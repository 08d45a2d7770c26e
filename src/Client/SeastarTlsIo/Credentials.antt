-- ===== src/Client/SeastarTlsIo/Credentials.antt =====
-- The histories of a SeastarTLS_IO.
use distributed_logger.Base.{ℕ, ◌-◌, ◌<◌, ◌≡◌, subst, Bool, true, false, some, List, arith}
use distributed_logger.Client.SeastarIo.{
  SeastarIo, set_queue_max_size, shut_down, write_completes, send,
}
use distributed_logger.Client.SeastarIo.Down
use distributed_logger.Client.SeastarIo.Down.{IsDown, StillDown, down_stays}
use distributed_logger.Client.SeastarTlsIo.{
  SeastarTlsIo, BuilderReply, build_client_credentials, timer_fires, credentials_complete,
  connect_completes,
}

-- An inherited call or completion.
abbrev pub inherit : (SeastarIo → SeastarIo) → SeastarTlsIo → SeastarTlsIo
inherit f t = record t { io = f t.io }

-- What may happen without a call of `connect`.
pub data Later (t : SeastarTlsIo) : SeastarTlsIo → Type 0 where
  here : Later t t
  limits : {t' : SeastarTlsIo} (n : ℕ) → Later t t' → Later t (inherit (set_queue_max_size n) t')
  fires : {t' : SeastarTlsIo} → t'.io.timer_armed ≡ true → Later t t' → Later t (timer_fires t')
  builds :
      {t' : SeastarTlsIo} (r : BuilderReply)
      → 0 < t'.building
      → Later t t'
      → Later t (credentials_complete r t')
  completes :
      {t' : SeastarTlsIo} (ok : Bool)
      → 0 < t'.io.connecting
      → Later t t'
      → Later t (connect_completes ok t')
  shuts_down :
      {t' : SeastarTlsIo} → t'.io.transmitting ≡ false → Later t t' → Later t (inherit shut_down t')
  writes :
      {t' : SeastarTlsIo} (ok : Bool) (buf : List ℕ)
      → t'.io.in_flight ≡ some buf
      → Later t t'
      → Later t (inherit (write_completes ok buf) t')
  sends :
      {t' : SeastarTlsIo} {io' : SeastarIo} (buf : List ℕ)
      → send buf t'.io ≡ some io'
      → Later t t'
      → Later t (record t' { io = io' })

-- Where nothing is under way, each step is one of those that SeastarIO has.
inherited :
    {t t' : SeastarTlsIo}
    → IsDown t.io
    → t.building ≡ 0
    → Later t t'
    → Down.Later t.io t'.io × (t'.building ≡ 0)
inherited d b here = (Down.here, b)
inherited d b (limits n past) = let (p, b') = inherited d b past in (Down.limits n p, b')
inherited d b (fires e past) =
    let (p, b') = inherited d b past in let u = (down_stays d p).down.unarmed in cc
inherited d b (builds r h past) = let (p, b') = inherited d b past in absurd (omega (arith, b'))
inherited d b (completes ok h past) =
    let (p, b') = inherited d b past in
    let u = (down_stays d p).down.no_attempt in absurd (omega (arith, u))
inherited d b (shuts_down e past) = let (p, b') = inherited d b past in (Down.shuts_down e p, b')
inherited d b (writes ok buf e past) =
    let (p, b') = inherited d b past in (Down.writes ok buf e p, b')
inherited d b (sends buf e past) = let (p, b') = inherited d b past in (Down.sends buf e p, b')

-- Credentials that cannot be built are not tried again: with no connection and nothing else under way,
-- over any history without a call of `connect`, the transport stays unconnected, and nothing is
-- posted, sent or queued.
pub failed_credentials_strand :
    (t : SeastarTlsIo) {t' : SeastarTlsIo} (r : BuilderReply)
    → build_client_credentials r t ≡ false
    → t.building ≡ 1
    → IsDown t.io
    → Later (credentials_complete r t) t'
    → StillDown t.io t'.io
unfolding credentials_complete
failed_credentials_strand t {t'} r e b d past =
    down_stays d (inherited d given (subst (λ s. Later s t') gone past)).0
  where
    t1 : SeastarTlsIo
    t1 = record t { building = t.building - 1 }

    gone : credentials_complete r t ≡ t1
    gone = ground (arith, e)

    given : t1.building ≡ 0
    given = omega (arith, b)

TASK DETAILS: Which lines in the records above contain the word "gone"? Copy each one.

EXERCISE ANSWER:
    down_stays d (inherited d given (subst (λ s. Later s t') gone past)).0
    gone : credentials_complete r t ≡ t1
    gone = ground (arith, e)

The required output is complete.